# Shox and Kangol Update- Deer Hunting, Tug-O-War, Chair Stealing, and a Sad Good-Bye



## pitbullmamanatl (Jun 1, 2010)

Here are some updated pics of Shox and Kangol. 

























Shox is pulling his little heart out









All Kangol wants is for Shox to leave him alone.... Shox wants kisses.








Brayden is playing deer hunter and Shox is the deer.









While I was producing the radio show last week, Shox got himself stuck with a plastic bag around his neck like a fish in the ocean gets caught in six pack holders. He's special. 









Bobo is not happy that Shox is all up in his chair.

































Hamster hunting









We were on the way to the Kentucky show last Friday and this is how Shox rode almost the whole way there.









Weirdo









Pouting....








He can be cute sometimes....

I have some great stacked shots I will post up of him soon that I took last weekend.

Now for the sad news....

The Gorilla Camp suffered a very sad loss last week when CH Sugardaddy, Shox's granddaddy, died on Monday. He was one of my favorite American Bullies and the dog that made me fall in love with the breed. That boy was the truth and I am proud to have his grandson in my yard. 








RIP CH Gorilla's Sugardaddy
10/18/08 - 4/30/12


----------



## ::::COACH:::: (Apr 4, 2012)

Oh he has grown a lot! Lookin goooooood. Funny, my dog rides In the back window too! Lol! Thanks for sharing!


----------



## pitbullmamanatl (Jun 1, 2010)

::::COACH:::: said:


> Oh he has grown a lot! Lookin goooooood. Funny, my dog rides In the back window too! Lol! Thanks for sharing!


Thanks so much!!!


----------



## circlemkennels (Aug 29, 2010)

They look great.. luv the deer hunting


----------



## Odin`s_BlueDragon (Mar 11, 2012)

I sure do love me some Shox. i showed my bf some of Shox's puppy pics and then promptly had to explain to him how registered names work lol

the pics of him riding in the back window are awesomely funny :roll:


----------



## pitbullmamanatl (Jun 1, 2010)

circlemkennels said:


> They look great.. luv the deer hunting


Thanks girl! Much appreciated! The deer hunting one is my fave too.


----------



## ames (Jun 6, 2010)

So great! Love how Shox tail ia darker like his face, that's cool, never noticed before. Really is adorable seeing them all play. 

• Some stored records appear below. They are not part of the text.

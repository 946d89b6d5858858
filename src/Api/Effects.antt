-- ===== src/Api/Effects.antt =====
-- What one call of a handler does, when its write goes well.
use fast_kv_a_lightweight_ke.Base.{
  ℕ, nat_eq, ◌≡◌, refl, ap, ◌∙◌, true, none, some, List, ◌++◌, map, Result, ok, err, Failure, Error,
  arith, Option-cases, inl, inr,
}
use fast_kv_a_lightweight_ke.Base.Bytes.{Bytes, bytes_key, bytes_eq_refl}
use fast_kv_a_lightweight_ke.Base.Words.{Int64}
use fast_kv_a_lightweight_ke.Storage.Memory
use fast_kv_a_lightweight_ke.Storage.Memory.{Shards, put_internal, delete_internal}
use fast_kv_a_lightweight_ke.Storage.Memory.View.{value_at, value_at-put}
use fast_kv_a_lightweight_ke.Storage.Engine
use fast_kv_a_lightweight_ke.Storage.Engine.{
  Storage, Io, Wal, append, log_op, put_record, del_record, put_expiring, expiry_of,
}
use fast_kv_a_lightweight_ke.Storage.Engine.Logging.{shards-log_op}
use fast_kv_a_lightweight_ke.Storage.Wal.{LogRecord}
use fast_kv_a_lightweight_ke.Service.KvService
use fast_kv_a_lightweight_ke.Service.KvService.{KvService}
use fast_kv_a_lightweight_ke.Api.{
  Request, Response, Method, put_method, delete_method, update_method, KvServer, ok_response,
  replicate_to_slaves, put, delete, update,
}

-- A store without a log, or with one whose file is open.
abbrev pub IsReady : Storage → Type 0
IsReady s = elim s.wal [ none ↦ Unit {0} | some w ↦ w.is_open ≡ true ]

module _ (s : Storage) (ready : IsReady s) (io : Io) (whole : io.fault ≡ none) where
  log_op-ready : (r : LogRecord) → (log_op s r io).1 ≡ none
  unfolding log_op append
  log_op-ready r = elim (Option-cases s.wal) [
    | inl no_log ↦ ground (arith, no_log)
    | inr (w, logs) ↦ ground (arith, logs, whole, ready)
  ]

  IsReady-log_op : (r : LogRecord) → IsReady (log_op s r io).0
  unfolding log_op append
  IsReady-log_op r = elim (Option-cases s.wal) [
    | inl no_log ↦ ground (arith, no_log)
    | inr (w, logs) ↦ ground (arith, logs, whole, ready)
  ]

  IsReady-put_expiring :
      (bucket key value : Bytes) (ttl : Int64) → IsReady (put_expiring s bucket key value ttl io).0
  unfolding put_expiring
  IsReady-put_expiring bucket key value ttl = ground (
    arith,
    log_op-ready (put_record bucket key value ttl),
    IsReady-log_op (put_record bucket key value ttl),
  )

  shards-put_expiring :
      (bucket key value : Bytes) (ttl : Int64)
      → ((put_expiring s bucket key value ttl io).0.shards
          ≡ put_internal s.shards bucket key value ttl)
        × ((put_expiring s bucket key value ttl io).1 ≡ none)
  unfolding put_expiring
  shards-put_expiring bucket key value ttl = ground (
    arith,
    log_op-ready (put_record bucket key value ttl),
    shards-log_op s (put_record bucket key value ttl) io,
  )

  shards-delete :
      (bucket key : Bytes)
      → ((Engine.delete s bucket key io).0.shards ≡ (delete_internal s.shards bucket key).0)
        × ((Engine.delete s bucket key io).1 ≡ (delete_internal s.shards bucket key).1)
  unfolding Engine.delete
  shards-delete bucket key =
      ground
        (arith, log_op-ready (del_record bucket key), shards-log_op s (del_record bucket key) io)

-- A handler's call at a replica.
unfoldable pub handle : Method → Int64 → Io → Request → KvServer → KvServer × Result Response
handle put_method now io req s = put now io req s
handle delete_method now io req s = delete io req s
handle update_method now io req s = update now io req s

abbrev pub shards_of : KvServer → Shards
shards_of s = s.service.storage.shards

-- What a call that goes well does to the memory, and the error that it answers.
abbrev pub effect : Method → Int64 → Request → Shards → Shards
effect put_method now req shards =
    put_internal shards req.bucket req.key req.value (expiry_of now req.ttl_seconds)
effect delete_method now req shards = (delete_internal shards req.bucket req.key).0
effect update_method now req shards = elim (Memory.get now shards req.bucket req.key) [
  | err e ↦ shards
  | ok old ↦ put_internal shards req.bucket req.key req.value 0
]

abbrev pub failure_of : Method → Int64 → Request → Shards → Failure
failure_of put_method now req shards = none
failure_of delete_method now req shards = (delete_internal shards req.bucket req.key).1
failure_of update_method now req shards = elim (Memory.get now shards req.bucket req.key) [
  | err e ↦ some e
  | ok old ↦ none
]

-- The calls that are sent with a request that succeeds.
abbrev pub calls_of : Method → Request → KvServer → List (ℕ × Method × Request)
calls_of method req s = map (λ slave. (slave, method, req)) s.slaves

-- The answer and the calls that follow from the error.
abbrev pub Follows : Method → Request → KvServer → KvServer × Result Response → Failure → Type 0
Follows method req s done none =
    (done.1 ≡ ok ok_response) × (done.0.sent ≡ s.sent ++ calls_of method req s)
Follows method req s done (some e) = (done.1 ≡ err e) × (done.0.sent ≡ s.sent)

module _ (now : Int64) (io : Io) (req : Request) (s : KvServer) (ready : IsReady s.service.storage)
    (whole : io.fault ≡ none) where
  put_lem :
      (shards_of (put now io req s).0 ≡ effect put_method now req (shards_of s))
      × Follows put_method req s (put now io req s) none
  unfolding put KvService.put KvService.put_with_ttl Engine.put Engine.put_with_ttl expiry_of
      replicate_to_slaves
  put_lem = (
    ground (
      arith,
      shards-put_expiring s.service.storage ready io whole req.bucket req.key req.value 0,
      shards-put_expiring s.service.storage ready io whole req.bucket req.key req.value
          (expiry_of now req.ttl_seconds),
    ),
    (refl, refl),
  )

  pub IsReady-put : IsReady (put now io req s).0.service.storage
  unfolding put KvService.put KvService.put_with_ttl Engine.put Engine.put_with_ttl
      replicate_to_slaves
  IsReady-put = ground (
    arith,
    IsReady-put_expiring s.service.storage ready io whole req.bucket req.key req.value 0,
    IsReady-put_expiring s.service.storage ready io whole req.bucket req.key req.value
        (expiry_of now req.ttl_seconds),
  )

  pub value_at-put_call :
      value_at (shards_of (put now io req s).0) req.bucket req.key ≡ some req.value
  value_at-put_call = ground (
    arith,
    put_lem.0,
    value_at-put (shards_of s) req.bucket req.key req.bucket req.key req.value
        (expiry_of now req.ttl_seconds),
    bytes_eq_refl req.bucket,
    bytes_eq_refl req.key,
  )

  delete_lem :
      (shards_of (delete io req s).0 ≡ effect delete_method now req (shards_of s))
      × Follows delete_method req s
          (delete io req s)
          (failure_of delete_method now req (shards_of s))
  unfolding delete KvService.delete replicate_to_slaves
  delete_lem =
      let (moved, answered) = shards-delete s.service.storage ready io whole req.bucket req.key in
      elim (Option-cases (delete_internal (shards_of s) req.bucket req.key).1) [
        | inl done ↦ rw (answered ∙ done, done, delete) (moved, (refl, refl))
        | inr (e, missing) ↦ rw (answered ∙ missing, missing, delete) (moved, (refl, refl))
      ]

  update_found :
      (old : Bytes)
      → Memory.get now (shards_of s) req.bucket req.key ≡ ok old
      → Engine.update now s.service.storage req.bucket req.key req.value io
        ≡ put_expiring s.service.storage req.bucket req.key req.value 0 io
  unfolding Engine.update Engine.put
  update_found old e = ground (arith, e)

  update_missing :
      (e : Error)
      → Memory.get now (shards_of s) req.bucket req.key ≡ err e
      → Engine.update now s.service.storage req.bucket req.key req.value io
        ≡ (s.service.storage, some e)
  unfolding Engine.update
  update_missing e h = ground (arith, h)

  update_lem :
      (shards_of (update now io req s).0 ≡ effect update_method now req (shards_of s))
      × Follows update_method req s
          (update now io req s)
          (failure_of update_method now req (shards_of s))
  unfolding update KvService.update Engine.update Engine.put replicate_to_slaves
  update_lem =
      let (moved, answered) =
        shards-put_expiring s.service.storage ready io whole req.bucket req.key req.value 0 in
      go (Memory.get now (shards_of s) req.bucket req.key) refl moved answered
    where
      go :
          (found : Result Bytes)
          → Memory.get now (shards_of s) req.bucket req.key ≡ found
          → (put_expiring s.service.storage req.bucket req.key req.value 0 io).0.shards
            ≡ put_internal (shards_of s) req.bucket req.key req.value 0
          → (put_expiring s.service.storage req.bucket req.key req.value 0 io).1 ≡ none
          → (shards_of (update now io req s).0 ≡ effect update_method now req (shards_of s))
            × Follows update_method req s
                (update now io req s)
                (failure_of update_method now req (shards_of s))
      go (ok old) e moved answered =
          rw (e, answered, update, KvService.update, Engine.update, effect, failure_of, shards_of)
            (ap (λ (x : Storage × Failure). x.0.shards) (update_found old e) ∙ moved, (refl, refl))
      go (err x) e moved answered =
          rw (e, update, KvService.update, Engine.update, effect, failure_of, shards_of)
            (ap (λ (y : Storage × Failure). y.0.shards) (update_missing x e), (refl, refl))

  pub handle_lem :
      (method : Method)
      → (shards_of (handle method now io req s).0 ≡ effect method now req (shards_of s))
        × Follows method req s
            (handle method now io req s)
            (failure_of method now req (shards_of s))
  unfolding handle
  handle_lem put_method = put_lem
  handle_lem delete_method = delete_lem
  handle_lem update_method = update_lem
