-- ===== src/Api/Divergence.antt =====
-- Where a replica comes to differ from the server that it replicates.
use fast_kv_a_lightweight_ke.Base.{ℕ, nat_eq, ◌≡◌, ◌≢◌, refl, sym, ◌∙◌, none, some, ◌++◌, ok, arith}
use fast_kv_a_lightweight_ke.Base.Bytes.{Bytes, bytes_key}
use fast_kv_a_lightweight_ke.Base.Words.{Int64}
use fast_kv_a_lightweight_ke.Storage.Memory.View.{value_at}
use fast_kv_a_lightweight_ke.Storage.Engine
use fast_kv_a_lightweight_ke.Storage.Engine.{
  Storage, Io, Wal, append, log_op, put_record, del_record, put_expiring, expiry_of,
}
use fast_kv_a_lightweight_ke.Storage.Engine.Logging.{shards-log_op}
use fast_kv_a_lightweight_ke.Service.KvService
use fast_kv_a_lightweight_ke.Service.KvService.{KvService}
use fast_kv_a_lightweight_ke.Api.{
  Request, put_method, KvServer, ok_response, replicate_to_slaves, put,
}
use fast_kv_a_lightweight_ke.Storage.Engine.Recovery.{IsDurable}
use fast_kv_a_lightweight_ke.Storage.Engine.Writes.{put_expiring_cut}
use fast_kv_a_lightweight_ke.Api.Effects.{
  IsReady, shards_of, calls_of, IsReady-put, value_at-put_call,
}

-- The same two calls of `Put` of one key, which arrive at a replica in the other order, leave it with
-- the value that the server has overwritten.
pub swapped_puts_diverge :
    (now : Int64) (io : Io) (bucket key first second : Bytes) (req : Request) (s replica : KvServer)
    → IsReady s.service.storage
    → IsReady replica.service.storage
    → io.fault ≡ none
    → first ≢ second
    → let req1 : Request = record req { bucket = bucket; key = key; value = first } in
      let req2 : Request = record req { bucket = bucket; key = key; value = second } in
      value_at (shards_of (put now io req2 (put now io req1 s).0).0) bucket key
      ≢ value_at (shards_of (put now io req1 (put now io req2 replica).0).0) bucket key
swapped_puts_diverge now io bucket key first second req s replica ready replica_ready whole differ =
    let req1 : Request = record req { bucket = bucket; key = key; value = first } in
    let req2 : Request = record req { bucket = bucket; key = key; value = second } in
    let last_here =
      value_at-put_call now io req2 (put now io req1 s).0 (IsReady-put now io req1 s ready whole)
        whole in
    let last_there =
      value_at-put_call now io req1 (put now io req2 replica).0
        (IsReady-put now io req2 replica replica_ready whole) whole in
    λ same. differ (ground (arith, sym last_here ∙ same ∙ last_there))

put_answer :
    (now : Int64) (io : Io) (req : Request) (s : KvServer) → (put now io req s).1 ≡ ok ok_response
unfolding put
put_answer now io req s = refl

put_sent :
    (now : Int64) (io : Io) (req : Request) (s : KvServer)
    → (put now io req s).0.sent ≡ s.sent ++ calls_of put_method req s
unfolding put replicate_to_slaves
put_sent now io req s = refl

shards-failed_put :
    (filename : Bytes) (now : Int64) (io : Io) (req : Request) (s : KvServer) (n : ℕ)
    → IsDurable filename s.service.storage
    → io.fault ≡ some n
    → shards_of (put now io req s).0 ≡ shards_of s
unfolding put KvService.put KvService.put_with_ttl Engine.put Engine.put_with_ttl
    replicate_to_slaves
shards-failed_put filename now io req s n d cut = ground (
  arith,
  put_expiring_cut filename s.service.storage d req.bucket req.key io req.value 0 n cut,
  put_expiring_cut filename s.service.storage d req.bucket req.key io req.value
      (expiry_of now req.ttl_seconds) n cut,
  shards-log_op s.service.storage (put_record req.bucket req.key req.value 0) io,
  shards-log_op s.service.storage
      (put_record req.bucket req.key req.value (expiry_of now req.ttl_seconds)) io,
)

-- A server whose store keeps a log that rebuilds its memory: a `Put` whose write fails answers "OK"
-- and is sent to every replica; a replica whose own write goes well has the value, and the memory of
-- the server is as before.
pub failed_put_diverges :
    (filename : Bytes) (now : Int64) (io replica_io : Io) (req : Request) (s replica : KvServer)
    (n : ℕ)
    → IsDurable filename s.service.storage
    → IsReady replica.service.storage
    → io.fault ≡ some n
    → replica_io.fault ≡ none
    → ((put now io req s).1 ≡ ok ok_response)
      × ((put now io req s).0.sent ≡ s.sent ++ calls_of put_method req s)
      × (shards_of (put now io req s).0 ≡ shards_of s)
      × (value_at (shards_of (put now replica_io req replica).0) req.bucket req.key
          ≡ some req.value)
failed_put_diverges filename now io replica_io req s replica n d replica_ready cut replica_whole = (
  put_answer now io req s,
  put_sent now io req s,
  shards-failed_put filename now io req s n d cut,
  value_at-put_call now replica_io req replica replica_ready replica_whole,
)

Sugar daddy was a great looking bully! So sad since he was still so young.


----------



## pitbullmamanatl (Jun 1, 2010)

Odin's_BlueDragon said:


> I sure do love me some Shox. i showed my bf some of Shox's puppy pics and then promptly had to explain to him how registered names work lol
> 
> the pics of him riding in the back window are awesomely funny :roll:


lol A lot of people don't understand registered names. I like naming my dogs after my favorite clothing accessories lol
I love Kangol hats hence White Dog's name 
Thanks for the love, much appreciated!


----------



## Elvisfink (Oct 13, 2008)

Great photos of two good looking Bullies. I love when pups drive adult dogs nuts.


----------



## EckoMac (Aug 25, 2010)

Daddy was indeed a good looking Bully. Sucks such a great rep for the breed has passed. 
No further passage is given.